:: Data for processing ::

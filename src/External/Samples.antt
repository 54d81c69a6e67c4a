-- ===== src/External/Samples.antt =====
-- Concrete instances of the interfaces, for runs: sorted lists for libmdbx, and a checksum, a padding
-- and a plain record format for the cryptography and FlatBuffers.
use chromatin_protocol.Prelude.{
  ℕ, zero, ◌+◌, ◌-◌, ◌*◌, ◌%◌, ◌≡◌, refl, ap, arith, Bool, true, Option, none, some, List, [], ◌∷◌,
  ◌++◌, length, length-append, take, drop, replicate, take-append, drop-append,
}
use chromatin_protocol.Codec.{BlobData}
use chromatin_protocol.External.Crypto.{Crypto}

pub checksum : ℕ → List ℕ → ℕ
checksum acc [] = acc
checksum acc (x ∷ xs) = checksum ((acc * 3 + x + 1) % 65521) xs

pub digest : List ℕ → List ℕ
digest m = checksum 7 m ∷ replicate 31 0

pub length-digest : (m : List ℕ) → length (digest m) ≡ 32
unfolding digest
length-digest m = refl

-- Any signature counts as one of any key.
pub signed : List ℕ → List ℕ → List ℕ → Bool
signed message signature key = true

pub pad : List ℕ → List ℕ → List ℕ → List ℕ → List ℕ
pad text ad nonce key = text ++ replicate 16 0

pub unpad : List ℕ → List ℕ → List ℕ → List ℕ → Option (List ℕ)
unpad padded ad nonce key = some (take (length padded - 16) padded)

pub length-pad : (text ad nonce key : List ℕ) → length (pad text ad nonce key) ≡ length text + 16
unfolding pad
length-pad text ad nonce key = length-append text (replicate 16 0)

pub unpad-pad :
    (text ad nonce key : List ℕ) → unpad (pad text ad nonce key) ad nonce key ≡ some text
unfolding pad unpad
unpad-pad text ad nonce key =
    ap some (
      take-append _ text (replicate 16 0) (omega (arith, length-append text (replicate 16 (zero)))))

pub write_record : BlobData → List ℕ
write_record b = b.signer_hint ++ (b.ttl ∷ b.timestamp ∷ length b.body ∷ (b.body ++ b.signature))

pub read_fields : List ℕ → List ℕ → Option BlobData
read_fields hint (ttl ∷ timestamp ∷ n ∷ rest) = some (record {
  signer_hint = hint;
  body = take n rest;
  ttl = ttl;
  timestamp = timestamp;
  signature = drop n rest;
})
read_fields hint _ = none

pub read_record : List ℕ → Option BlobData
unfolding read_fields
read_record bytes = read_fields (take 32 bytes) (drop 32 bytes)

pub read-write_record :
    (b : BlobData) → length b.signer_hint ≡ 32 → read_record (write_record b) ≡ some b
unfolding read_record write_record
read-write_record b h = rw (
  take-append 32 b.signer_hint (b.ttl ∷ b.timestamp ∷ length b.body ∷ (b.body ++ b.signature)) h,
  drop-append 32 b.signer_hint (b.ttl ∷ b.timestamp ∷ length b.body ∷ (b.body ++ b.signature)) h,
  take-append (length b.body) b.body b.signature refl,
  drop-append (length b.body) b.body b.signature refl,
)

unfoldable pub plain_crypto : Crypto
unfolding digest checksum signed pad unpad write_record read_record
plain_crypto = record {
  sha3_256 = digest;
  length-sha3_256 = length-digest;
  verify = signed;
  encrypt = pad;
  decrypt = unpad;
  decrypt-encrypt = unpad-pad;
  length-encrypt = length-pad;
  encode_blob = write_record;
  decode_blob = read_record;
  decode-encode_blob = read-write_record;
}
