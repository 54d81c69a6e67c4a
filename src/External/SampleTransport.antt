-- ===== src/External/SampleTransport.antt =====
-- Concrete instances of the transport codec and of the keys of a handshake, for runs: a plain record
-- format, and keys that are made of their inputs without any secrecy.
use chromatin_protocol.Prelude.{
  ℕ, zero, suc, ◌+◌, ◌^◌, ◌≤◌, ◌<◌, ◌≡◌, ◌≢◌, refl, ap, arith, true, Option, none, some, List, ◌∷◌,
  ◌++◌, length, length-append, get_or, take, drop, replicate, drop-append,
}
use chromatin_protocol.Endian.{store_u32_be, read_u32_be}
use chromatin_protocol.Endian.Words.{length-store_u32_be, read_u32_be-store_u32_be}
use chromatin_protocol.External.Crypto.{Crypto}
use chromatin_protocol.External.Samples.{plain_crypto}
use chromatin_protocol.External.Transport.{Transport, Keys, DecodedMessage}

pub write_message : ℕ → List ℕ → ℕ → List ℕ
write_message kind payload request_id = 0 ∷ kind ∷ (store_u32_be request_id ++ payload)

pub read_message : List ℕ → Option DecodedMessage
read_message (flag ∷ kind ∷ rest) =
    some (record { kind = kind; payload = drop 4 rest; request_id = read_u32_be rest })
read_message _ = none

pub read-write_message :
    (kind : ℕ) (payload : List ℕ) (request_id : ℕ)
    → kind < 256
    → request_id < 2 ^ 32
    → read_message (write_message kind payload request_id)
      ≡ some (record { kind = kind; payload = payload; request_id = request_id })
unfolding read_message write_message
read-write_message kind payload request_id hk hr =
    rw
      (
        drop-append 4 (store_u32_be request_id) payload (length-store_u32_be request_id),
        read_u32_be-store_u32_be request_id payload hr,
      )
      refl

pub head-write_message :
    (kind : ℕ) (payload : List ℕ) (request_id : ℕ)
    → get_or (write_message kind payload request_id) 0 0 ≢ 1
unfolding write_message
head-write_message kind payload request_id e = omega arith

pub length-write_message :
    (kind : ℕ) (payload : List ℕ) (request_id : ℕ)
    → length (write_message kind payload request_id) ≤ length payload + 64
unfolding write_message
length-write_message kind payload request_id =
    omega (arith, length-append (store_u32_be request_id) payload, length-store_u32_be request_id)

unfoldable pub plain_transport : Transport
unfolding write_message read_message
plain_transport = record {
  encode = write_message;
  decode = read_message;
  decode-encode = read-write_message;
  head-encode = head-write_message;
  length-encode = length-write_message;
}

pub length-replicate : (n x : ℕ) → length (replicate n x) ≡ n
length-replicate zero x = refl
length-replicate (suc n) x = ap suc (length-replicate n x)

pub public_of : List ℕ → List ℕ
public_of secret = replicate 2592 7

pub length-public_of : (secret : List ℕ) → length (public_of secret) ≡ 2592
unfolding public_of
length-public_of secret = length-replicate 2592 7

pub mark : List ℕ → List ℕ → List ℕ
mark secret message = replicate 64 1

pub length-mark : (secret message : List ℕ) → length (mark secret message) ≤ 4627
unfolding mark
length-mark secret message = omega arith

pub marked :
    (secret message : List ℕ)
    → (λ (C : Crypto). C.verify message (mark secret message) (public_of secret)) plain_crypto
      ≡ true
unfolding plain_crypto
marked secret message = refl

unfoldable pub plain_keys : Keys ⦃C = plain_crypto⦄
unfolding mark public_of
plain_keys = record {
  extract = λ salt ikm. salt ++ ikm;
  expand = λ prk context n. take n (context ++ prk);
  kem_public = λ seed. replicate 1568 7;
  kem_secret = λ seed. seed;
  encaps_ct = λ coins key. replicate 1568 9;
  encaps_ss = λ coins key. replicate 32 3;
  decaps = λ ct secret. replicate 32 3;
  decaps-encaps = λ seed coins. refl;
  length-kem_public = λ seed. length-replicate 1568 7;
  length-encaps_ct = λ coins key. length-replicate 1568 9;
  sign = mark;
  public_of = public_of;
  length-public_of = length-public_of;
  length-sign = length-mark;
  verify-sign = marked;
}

:::

> [Exercise directions]
In the data above, copy every line where the string "decrypt" appears.

> [Completed exercise]
  decrypt = unpad;
  decrypt-encrypt = unpad-pad;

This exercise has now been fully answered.